Research of Applying Genetic Alogrithm to Design Data Warehouse and Performance analysis

Autor: Wen-Yi Liu, 劉文義
Rok vydání: 2005
Druh dokumentu: 學位論文 ; thesis
Popis: 93
Today, maintenance management has been one of the most important tasks in manufacturing. The aims of maintenance strategies are to reduce maintenance costs while improving maintenance operation and to help the maintenance managers to make the right decision at the right time in the right place.

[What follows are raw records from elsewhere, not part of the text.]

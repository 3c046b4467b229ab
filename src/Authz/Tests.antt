-- ===== src/Authz/Tests.antt =====
-- Requests on the built-in roles.
use arcus_invest_backend.Base.{
  ◌≡◌, ◌≢◌, ◌↔◌, ◌⊎◌, ◌++◌, refl, true, false, none, some, List, [], ◌∷◌,
}
use arcus_invest_backend.Base.Text.{Text, codes, text_eq}
use arcus_invest_backend.Authz.Grants.{
  read, no_action, Grant, no_scope, other_scope, allows, grant_in,
}
use arcus_invest_backend.Authz.Cache.{RoleRow, active_matrix, can, read_scope}
use arcus_invest_backend.Authz.Routes.{
  action_for_method, strip_prefix, has_suffix, head_segment, admin_prefix, resource_for_path,
  require_permission,
}
use arcus_invest_backend.Authz.Laws.{
  refresh_all, super_admin_never_locked_out, read_scope_iff, require_permission_granted,
}

-- A table in which the super administrator has nothing.
abbrev corrupt : List RoleRow
corrupt = record { name = codes "super_admin"; permissions = [] } ∷ []

super_admin_never_locked_out_example :
    can (refresh_all (some corrupt ∷ none ∷ []) none) (codes "super_admin") (codes "users") read
    ≡ true
super_admin_never_locked_out_example = super_admin_never_locked_out (some corrupt ∷ none ∷ [])

abbrev one_approval : Text
one_approval = codes "/api/v1/admin/approvals/:id"

approvals_route : resource_for_path one_approval ≡ some (codes "approvals")
unfolding resource_for_path strip_prefix has_suffix head_segment text_eq
approvals_route = refl

read_scope_iff_example : (read_scope none (codes "admin") (codes "roles") ≡ no_scope) ↔ (
    (can none (codes "admin") (codes "roles") read ≡ false)
    ⊎ ((g : Grant) × (grant_in (active_matrix none) (codes "admin") (codes "roles") ≡ some g)
        × (g.scope ≡ other_scope [])))
read_scope_iff_example = read_scope_iff none (codes "admin") (codes "roles")

admin_reads : require_permission none (codes "admin") (codes "GET") one_approval ≡ true
unfolding require_permission action_for_method can active_matrix allows resource_for_path
    strip_prefix has_suffix head_segment text_eq
admin_reads = refl

require_permission_granted_example :
    (rest res : Text) × (g : Grant) × (one_approval ≡ admin_prefix ++ rest)
    × (resource_for_path one_approval ≡ some res)
    × (grant_in (active_matrix none) (codes "admin") res ≡ some g)
    × (allows (action_for_method (codes "GET")) g ≡ true)
    × (action_for_method (codes "GET") ≢ no_action)
require_permission_granted_example =
    require_permission_granted none (codes "admin") (codes "GET") one_approval admin_reads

Computerized maintenance management systems(CMMS) can help us to deal with these maintenance tasks, but doesn’t have Decision Support System (DSS) capability. In this thesis, we design a data warehouse for Equipment Management System(EMS) to help the manager inquire and make decision by different dimension in a quickly and flexible way. Many cubes, such as MTTR, MTBF, Spare response time,… are created using the flake schemas. Finally, some concluding remarks are made. The results of this research will also provide a reference model for enterprise when EMS data warehouise is evaluated as a To Be system. For data cube selection, in order to minimize query time under the storage limit, we adopt partial materialized way to select data cubes. In this thesis, we use three ways to select data cubes:Greedy algorithm, FGS+GA, which incorporate genetic algorithm with forward greedy algorithm and BGS+GA, which incorporates genetic algorithm with forward greedy algorithm. According to our experiments, in case of most of storage constraint, the solution generated by FGS+GA is as well as the solution generated by BGS+GA, and both of them is superior to that found by Greedy algorithm. Furthermore, when we compare the efficiency of FGS+GA with BGS+GA, we find that the efficiency of FGS+GA is superior to BGS+GA. For performance anlysis, we compare the query time and space utilication of the selected cubes obtained by method we proposed with all materialized way. According to our experiments, the results obtained from our method can decrease 70% of storage space, and the query time of our method is as well as all materialized way.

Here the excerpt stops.